Action item: Here are the records. Write out exactly the lines between the one holding "IsOrdered ((j, _)" and the one holding "lookup-erase j k [] h = ground arith", inclusive.

◇ ◇ ◇ ◇ ◇ ◇ ◇

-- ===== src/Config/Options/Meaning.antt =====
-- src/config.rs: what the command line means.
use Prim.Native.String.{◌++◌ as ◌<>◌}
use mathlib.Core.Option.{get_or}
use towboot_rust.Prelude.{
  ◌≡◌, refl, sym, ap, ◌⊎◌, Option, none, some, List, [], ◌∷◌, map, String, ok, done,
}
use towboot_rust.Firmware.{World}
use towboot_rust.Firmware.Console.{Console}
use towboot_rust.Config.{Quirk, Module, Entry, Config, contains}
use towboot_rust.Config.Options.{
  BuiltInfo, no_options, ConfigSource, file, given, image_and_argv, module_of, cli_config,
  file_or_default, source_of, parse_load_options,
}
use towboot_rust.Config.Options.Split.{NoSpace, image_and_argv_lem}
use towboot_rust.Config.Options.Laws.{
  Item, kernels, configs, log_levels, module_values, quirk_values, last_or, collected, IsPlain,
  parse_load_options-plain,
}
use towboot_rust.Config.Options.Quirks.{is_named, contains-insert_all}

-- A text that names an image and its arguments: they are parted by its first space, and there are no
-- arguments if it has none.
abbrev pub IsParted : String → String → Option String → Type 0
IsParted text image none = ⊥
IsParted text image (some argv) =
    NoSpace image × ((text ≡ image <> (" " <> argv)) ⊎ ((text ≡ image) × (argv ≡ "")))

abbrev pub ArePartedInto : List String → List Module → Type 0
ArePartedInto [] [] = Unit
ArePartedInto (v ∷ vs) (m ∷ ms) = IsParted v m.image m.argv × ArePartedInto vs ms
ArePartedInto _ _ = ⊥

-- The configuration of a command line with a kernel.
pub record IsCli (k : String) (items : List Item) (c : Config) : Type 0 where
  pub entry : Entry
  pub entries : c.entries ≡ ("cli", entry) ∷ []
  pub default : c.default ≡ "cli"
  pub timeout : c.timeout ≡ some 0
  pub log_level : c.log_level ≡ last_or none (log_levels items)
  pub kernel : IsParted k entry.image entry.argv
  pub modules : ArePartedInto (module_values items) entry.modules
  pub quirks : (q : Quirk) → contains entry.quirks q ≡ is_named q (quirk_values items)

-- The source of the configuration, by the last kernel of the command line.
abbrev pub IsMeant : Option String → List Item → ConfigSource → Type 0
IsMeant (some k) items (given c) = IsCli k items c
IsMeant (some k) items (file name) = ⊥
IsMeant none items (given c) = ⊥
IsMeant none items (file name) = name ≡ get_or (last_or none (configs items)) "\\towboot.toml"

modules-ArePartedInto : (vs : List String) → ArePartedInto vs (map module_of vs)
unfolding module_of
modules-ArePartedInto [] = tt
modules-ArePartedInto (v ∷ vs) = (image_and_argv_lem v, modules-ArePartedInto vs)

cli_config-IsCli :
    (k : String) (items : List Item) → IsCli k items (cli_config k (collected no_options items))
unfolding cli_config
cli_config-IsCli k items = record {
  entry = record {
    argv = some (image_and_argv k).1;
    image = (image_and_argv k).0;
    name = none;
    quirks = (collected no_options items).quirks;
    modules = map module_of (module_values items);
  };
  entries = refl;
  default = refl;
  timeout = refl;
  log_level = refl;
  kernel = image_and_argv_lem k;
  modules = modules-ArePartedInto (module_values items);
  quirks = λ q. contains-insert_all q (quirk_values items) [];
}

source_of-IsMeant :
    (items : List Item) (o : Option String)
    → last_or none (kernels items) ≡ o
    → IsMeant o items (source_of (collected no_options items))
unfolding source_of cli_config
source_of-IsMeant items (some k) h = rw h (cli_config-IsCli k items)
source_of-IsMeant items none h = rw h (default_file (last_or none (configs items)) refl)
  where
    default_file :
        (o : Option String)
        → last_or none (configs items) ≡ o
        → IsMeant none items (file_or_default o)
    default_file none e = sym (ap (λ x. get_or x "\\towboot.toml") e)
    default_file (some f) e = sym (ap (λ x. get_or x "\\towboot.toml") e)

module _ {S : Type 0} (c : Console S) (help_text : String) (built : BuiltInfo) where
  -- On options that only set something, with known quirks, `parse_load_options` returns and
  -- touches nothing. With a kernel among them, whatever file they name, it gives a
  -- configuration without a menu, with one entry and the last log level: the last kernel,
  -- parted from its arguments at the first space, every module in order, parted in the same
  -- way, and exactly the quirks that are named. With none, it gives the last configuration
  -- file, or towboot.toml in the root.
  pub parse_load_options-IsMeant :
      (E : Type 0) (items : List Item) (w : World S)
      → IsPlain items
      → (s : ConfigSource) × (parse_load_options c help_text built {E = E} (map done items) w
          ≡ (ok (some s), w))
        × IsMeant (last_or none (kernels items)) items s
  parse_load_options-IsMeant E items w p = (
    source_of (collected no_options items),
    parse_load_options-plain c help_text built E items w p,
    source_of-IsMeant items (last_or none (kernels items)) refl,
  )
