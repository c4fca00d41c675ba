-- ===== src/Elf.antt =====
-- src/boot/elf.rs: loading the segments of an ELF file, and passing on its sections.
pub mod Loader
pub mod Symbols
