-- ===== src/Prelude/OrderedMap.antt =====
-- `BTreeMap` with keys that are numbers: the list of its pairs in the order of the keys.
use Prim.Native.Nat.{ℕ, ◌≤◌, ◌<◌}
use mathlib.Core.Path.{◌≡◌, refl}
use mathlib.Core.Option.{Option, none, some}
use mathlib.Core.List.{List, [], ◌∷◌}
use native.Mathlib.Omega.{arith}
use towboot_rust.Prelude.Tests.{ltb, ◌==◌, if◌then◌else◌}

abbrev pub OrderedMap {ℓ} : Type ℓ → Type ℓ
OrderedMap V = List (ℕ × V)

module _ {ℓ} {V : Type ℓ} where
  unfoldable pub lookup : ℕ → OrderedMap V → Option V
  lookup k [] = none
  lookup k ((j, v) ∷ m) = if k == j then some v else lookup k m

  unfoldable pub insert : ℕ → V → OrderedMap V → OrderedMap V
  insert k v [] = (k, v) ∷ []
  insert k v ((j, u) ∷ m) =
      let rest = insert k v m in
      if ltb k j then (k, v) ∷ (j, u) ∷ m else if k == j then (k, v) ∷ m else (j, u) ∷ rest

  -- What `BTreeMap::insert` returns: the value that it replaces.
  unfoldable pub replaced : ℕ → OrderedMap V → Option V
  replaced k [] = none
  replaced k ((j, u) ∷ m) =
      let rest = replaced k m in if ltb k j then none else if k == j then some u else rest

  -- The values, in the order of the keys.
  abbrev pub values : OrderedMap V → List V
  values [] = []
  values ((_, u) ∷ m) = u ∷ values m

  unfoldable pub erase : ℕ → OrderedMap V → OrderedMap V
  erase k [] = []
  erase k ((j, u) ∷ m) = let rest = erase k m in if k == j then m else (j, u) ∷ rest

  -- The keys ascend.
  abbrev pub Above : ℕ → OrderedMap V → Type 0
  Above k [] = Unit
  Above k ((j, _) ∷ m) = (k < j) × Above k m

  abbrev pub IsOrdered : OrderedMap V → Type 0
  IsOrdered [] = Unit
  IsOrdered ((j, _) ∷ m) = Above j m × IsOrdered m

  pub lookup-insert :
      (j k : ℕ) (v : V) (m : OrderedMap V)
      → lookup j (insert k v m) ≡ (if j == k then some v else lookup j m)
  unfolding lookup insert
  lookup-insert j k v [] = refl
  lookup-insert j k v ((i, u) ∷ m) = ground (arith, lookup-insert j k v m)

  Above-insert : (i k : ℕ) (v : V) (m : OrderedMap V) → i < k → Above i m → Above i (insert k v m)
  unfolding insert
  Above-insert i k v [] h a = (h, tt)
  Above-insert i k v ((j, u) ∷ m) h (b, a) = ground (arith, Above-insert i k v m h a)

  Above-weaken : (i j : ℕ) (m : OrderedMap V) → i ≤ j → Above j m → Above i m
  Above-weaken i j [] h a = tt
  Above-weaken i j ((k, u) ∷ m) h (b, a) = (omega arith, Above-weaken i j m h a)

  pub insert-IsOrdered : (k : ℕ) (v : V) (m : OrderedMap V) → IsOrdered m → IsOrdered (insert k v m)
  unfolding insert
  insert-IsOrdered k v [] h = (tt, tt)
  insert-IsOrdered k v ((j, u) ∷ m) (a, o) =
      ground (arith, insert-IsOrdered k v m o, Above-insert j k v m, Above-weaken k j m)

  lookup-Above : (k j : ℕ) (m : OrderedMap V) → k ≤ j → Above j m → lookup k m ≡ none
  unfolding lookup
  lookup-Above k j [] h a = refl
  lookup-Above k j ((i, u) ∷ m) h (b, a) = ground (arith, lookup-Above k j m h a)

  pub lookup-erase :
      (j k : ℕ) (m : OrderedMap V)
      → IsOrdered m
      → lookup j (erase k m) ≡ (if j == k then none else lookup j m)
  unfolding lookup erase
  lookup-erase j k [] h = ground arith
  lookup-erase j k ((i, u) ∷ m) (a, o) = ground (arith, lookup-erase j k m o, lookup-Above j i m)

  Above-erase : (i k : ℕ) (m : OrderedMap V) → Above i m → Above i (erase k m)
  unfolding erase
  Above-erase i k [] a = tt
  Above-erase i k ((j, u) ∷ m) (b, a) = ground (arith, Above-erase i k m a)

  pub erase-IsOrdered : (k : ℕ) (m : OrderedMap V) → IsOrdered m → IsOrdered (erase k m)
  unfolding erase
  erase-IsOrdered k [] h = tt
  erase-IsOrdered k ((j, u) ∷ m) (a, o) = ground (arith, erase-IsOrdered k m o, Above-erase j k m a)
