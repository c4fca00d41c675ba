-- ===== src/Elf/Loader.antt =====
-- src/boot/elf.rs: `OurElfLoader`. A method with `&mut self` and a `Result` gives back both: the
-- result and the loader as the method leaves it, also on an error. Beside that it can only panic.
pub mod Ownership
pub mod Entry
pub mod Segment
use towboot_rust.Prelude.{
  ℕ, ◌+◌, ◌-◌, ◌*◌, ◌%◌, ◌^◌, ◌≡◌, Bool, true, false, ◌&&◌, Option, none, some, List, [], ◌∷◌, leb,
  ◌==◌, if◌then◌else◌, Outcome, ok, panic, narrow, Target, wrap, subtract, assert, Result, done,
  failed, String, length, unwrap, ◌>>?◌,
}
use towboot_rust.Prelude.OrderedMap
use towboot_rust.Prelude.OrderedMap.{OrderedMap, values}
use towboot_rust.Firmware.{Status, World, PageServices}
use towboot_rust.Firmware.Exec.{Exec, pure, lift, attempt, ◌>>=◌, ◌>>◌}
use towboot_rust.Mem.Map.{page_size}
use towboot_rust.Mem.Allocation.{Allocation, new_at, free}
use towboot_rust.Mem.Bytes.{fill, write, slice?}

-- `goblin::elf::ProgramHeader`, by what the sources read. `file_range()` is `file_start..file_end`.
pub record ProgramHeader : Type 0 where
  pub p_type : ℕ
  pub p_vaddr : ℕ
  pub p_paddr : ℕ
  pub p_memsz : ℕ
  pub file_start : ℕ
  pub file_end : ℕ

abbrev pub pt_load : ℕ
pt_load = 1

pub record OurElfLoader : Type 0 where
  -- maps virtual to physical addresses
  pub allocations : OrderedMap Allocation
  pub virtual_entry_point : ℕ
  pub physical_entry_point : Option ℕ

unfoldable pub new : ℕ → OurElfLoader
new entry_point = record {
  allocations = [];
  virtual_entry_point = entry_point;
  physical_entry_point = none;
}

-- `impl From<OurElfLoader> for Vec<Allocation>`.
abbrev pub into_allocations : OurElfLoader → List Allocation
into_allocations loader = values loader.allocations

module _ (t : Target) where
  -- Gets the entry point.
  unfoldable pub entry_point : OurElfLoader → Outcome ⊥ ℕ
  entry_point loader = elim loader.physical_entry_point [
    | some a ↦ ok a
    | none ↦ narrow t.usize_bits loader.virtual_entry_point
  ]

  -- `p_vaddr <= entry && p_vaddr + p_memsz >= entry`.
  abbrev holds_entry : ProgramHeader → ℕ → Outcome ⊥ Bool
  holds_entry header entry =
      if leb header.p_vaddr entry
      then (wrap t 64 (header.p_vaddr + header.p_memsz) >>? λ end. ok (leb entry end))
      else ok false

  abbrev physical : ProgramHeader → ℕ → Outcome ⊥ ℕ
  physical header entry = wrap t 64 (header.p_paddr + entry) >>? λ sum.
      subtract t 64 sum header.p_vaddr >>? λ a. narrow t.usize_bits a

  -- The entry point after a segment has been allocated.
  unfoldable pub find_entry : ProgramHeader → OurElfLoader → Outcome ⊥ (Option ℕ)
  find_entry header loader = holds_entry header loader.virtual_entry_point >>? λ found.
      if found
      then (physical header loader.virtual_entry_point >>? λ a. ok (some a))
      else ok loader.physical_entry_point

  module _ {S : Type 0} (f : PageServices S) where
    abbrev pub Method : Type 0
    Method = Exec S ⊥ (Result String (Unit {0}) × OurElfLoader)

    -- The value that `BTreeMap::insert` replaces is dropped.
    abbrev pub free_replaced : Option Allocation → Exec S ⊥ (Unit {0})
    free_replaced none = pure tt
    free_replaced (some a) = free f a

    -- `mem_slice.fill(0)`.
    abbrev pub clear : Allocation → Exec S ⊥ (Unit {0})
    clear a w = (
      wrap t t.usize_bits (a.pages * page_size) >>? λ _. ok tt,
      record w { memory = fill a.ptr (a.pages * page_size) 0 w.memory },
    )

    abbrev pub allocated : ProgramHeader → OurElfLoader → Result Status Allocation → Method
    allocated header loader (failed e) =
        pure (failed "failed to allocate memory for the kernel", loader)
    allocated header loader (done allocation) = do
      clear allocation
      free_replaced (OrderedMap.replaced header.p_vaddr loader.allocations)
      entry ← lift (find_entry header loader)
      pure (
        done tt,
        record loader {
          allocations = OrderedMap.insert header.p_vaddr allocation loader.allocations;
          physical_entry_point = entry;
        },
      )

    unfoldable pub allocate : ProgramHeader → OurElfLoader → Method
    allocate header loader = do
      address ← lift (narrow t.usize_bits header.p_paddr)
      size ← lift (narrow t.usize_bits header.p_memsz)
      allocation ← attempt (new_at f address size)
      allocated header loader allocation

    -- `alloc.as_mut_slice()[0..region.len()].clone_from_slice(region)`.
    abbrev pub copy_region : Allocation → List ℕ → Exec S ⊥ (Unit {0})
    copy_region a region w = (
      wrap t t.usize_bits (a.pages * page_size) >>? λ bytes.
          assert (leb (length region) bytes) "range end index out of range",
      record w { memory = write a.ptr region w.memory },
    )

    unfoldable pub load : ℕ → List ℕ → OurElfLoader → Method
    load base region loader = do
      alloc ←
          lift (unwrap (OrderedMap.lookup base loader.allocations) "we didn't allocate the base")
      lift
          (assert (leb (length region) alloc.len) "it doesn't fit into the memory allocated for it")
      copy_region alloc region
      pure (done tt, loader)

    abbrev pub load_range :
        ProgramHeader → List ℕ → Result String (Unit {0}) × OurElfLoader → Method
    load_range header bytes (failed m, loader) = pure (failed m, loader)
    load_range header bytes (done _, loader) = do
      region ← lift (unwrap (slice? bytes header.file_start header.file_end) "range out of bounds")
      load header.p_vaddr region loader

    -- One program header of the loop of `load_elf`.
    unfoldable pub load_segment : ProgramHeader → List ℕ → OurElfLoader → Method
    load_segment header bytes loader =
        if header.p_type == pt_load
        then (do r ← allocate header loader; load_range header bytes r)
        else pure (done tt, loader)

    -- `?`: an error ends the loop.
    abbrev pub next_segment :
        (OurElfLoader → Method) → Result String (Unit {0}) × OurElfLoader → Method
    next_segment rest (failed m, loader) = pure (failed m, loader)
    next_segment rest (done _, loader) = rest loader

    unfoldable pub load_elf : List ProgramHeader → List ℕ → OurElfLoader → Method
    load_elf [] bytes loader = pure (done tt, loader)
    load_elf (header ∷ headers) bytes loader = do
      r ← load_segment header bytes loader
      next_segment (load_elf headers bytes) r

◇ ◇ ◇ ◇ ◇ ◇ ◇

Result:
  IsOrdered ((j, _) ∷ m) = Above j m × IsOrdered m

  pub lookup-insert :
      (j k : ℕ) (v : V) (m : OrderedMap V)
      → lookup j (insert k v m) ≡ (if j == k then some v else lookup j m)
  unfolding lookup insert
  lookup-insert j k v [] = refl
  lookup-insert j k v ((i, u) ∷ m) = ground (arith, lookup-insert j k v m)

  Above-insert : (i k : ℕ) (v : V) (m : OrderedMap V) → i < k → Above i m → Above i (insert k v m)
  unfolding insert
  Above-insert i k v [] h a = (h, tt)
  Above-insert i k v ((j, u) ∷ m) h (b, a) = ground (arith, Above-insert i k v m h a)

  Above-weaken : (i j : ℕ) (m : OrderedMap V) → i ≤ j → Above j m → Above i m
  Above-weaken i j [] h a = tt
  Above-weaken i j ((k, u) ∷ m) h (b, a) = (omega arith, Above-weaken i j m h a)

  pub insert-IsOrdered : (k : ℕ) (v : V) (m : OrderedMap V) → IsOrdered m → IsOrdered (insert k v m)
  unfolding insert
  insert-IsOrdered k v [] h = (tt, tt)
  insert-IsOrdered k v ((j, u) ∷ m) (a, o) =
      ground (arith, insert-IsOrdered k v m o, Above-insert j k v m, Above-weaken k j m)

  lookup-Above : (k j : ℕ) (m : OrderedMap V) → k ≤ j → Above j m → lookup k m ≡ none
  unfolding lookup
  lookup-Above k j [] h a = refl
  lookup-Above k j ((i, u) ∷ m) h (b, a) = ground (arith, lookup-Above k j m h a)

  pub lookup-erase :
      (j k : ℕ) (m : OrderedMap V)
      → IsOrdered m
      → lookup j (erase k m) ≡ (if j == k then none else lookup j m)
  unfolding lookup erase
  lookup-erase j k [] h = ground arith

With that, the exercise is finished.